*** Block opens ***

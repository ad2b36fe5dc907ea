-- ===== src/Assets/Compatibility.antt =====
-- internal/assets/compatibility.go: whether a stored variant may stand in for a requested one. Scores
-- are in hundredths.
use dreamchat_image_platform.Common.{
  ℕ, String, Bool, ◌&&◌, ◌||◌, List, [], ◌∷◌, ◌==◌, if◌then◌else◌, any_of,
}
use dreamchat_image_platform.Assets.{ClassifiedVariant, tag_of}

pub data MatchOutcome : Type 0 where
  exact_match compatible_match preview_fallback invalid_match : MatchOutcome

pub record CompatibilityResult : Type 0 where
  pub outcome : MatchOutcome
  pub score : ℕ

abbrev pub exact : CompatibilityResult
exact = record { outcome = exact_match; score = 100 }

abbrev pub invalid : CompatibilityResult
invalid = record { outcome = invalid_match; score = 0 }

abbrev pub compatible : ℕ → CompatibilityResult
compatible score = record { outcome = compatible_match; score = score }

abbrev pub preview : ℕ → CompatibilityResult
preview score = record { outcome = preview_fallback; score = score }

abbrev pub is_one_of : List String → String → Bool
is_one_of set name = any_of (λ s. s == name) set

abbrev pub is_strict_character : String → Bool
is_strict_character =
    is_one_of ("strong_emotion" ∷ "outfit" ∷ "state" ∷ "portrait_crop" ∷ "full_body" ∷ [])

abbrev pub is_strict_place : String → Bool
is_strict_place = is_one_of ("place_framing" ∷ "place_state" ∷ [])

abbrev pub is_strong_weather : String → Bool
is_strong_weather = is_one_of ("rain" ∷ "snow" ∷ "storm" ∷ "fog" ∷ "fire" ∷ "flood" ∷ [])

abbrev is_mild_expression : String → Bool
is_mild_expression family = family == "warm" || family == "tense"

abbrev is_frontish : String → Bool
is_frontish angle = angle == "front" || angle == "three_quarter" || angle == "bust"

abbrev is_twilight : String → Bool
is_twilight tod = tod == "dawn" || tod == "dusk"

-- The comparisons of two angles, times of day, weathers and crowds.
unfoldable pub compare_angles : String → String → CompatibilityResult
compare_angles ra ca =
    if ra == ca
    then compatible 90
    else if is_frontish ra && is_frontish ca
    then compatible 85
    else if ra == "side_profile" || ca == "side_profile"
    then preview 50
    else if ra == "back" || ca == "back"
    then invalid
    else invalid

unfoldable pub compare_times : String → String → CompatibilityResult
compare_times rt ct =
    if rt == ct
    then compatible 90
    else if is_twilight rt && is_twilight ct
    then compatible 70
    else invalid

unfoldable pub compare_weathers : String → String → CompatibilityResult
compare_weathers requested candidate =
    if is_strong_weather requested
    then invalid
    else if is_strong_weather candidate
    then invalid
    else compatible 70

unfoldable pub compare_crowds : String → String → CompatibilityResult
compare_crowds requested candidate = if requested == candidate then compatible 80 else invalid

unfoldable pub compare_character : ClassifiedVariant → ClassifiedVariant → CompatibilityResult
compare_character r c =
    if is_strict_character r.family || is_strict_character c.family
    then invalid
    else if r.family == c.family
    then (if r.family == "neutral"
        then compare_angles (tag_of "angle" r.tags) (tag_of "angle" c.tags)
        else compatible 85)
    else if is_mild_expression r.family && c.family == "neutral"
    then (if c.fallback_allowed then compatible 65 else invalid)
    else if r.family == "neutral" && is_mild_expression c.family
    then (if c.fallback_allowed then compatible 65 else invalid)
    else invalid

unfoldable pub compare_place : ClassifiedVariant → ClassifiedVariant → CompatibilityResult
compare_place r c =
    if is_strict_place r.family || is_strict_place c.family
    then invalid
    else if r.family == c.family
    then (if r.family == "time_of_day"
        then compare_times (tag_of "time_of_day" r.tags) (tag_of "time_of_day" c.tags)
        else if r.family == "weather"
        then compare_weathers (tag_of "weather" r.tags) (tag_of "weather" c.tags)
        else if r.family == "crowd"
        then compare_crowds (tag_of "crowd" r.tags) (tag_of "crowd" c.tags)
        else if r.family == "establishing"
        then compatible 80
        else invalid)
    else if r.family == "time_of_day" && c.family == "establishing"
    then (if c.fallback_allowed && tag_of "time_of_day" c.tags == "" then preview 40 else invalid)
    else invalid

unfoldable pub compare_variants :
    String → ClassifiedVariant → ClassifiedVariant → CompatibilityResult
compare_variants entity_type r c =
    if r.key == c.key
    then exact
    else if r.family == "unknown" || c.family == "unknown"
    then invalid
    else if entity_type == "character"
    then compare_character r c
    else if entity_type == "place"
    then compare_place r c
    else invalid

*** Block closes ***

EXERCISE OBJECTIVE:
In the listing, find every line with the word "tags" and return it.

REPLY:
        then compare_angles (tag_of "angle" r.tags) (tag_of "angle" c.tags)
        then compare_times (tag_of "time_of_day" r.tags) (tag_of "time_of_day" c.tags)
        then compare_weathers (tag_of "weather" r.tags) (tag_of "weather" c.tags)
        then compare_crowds (tag_of "crowd" r.tags) (tag_of "crowd" c.tags)
    then (if c.fallback_allowed && tag_of "time_of_day" c.tags == "" then preview 40 else invalid)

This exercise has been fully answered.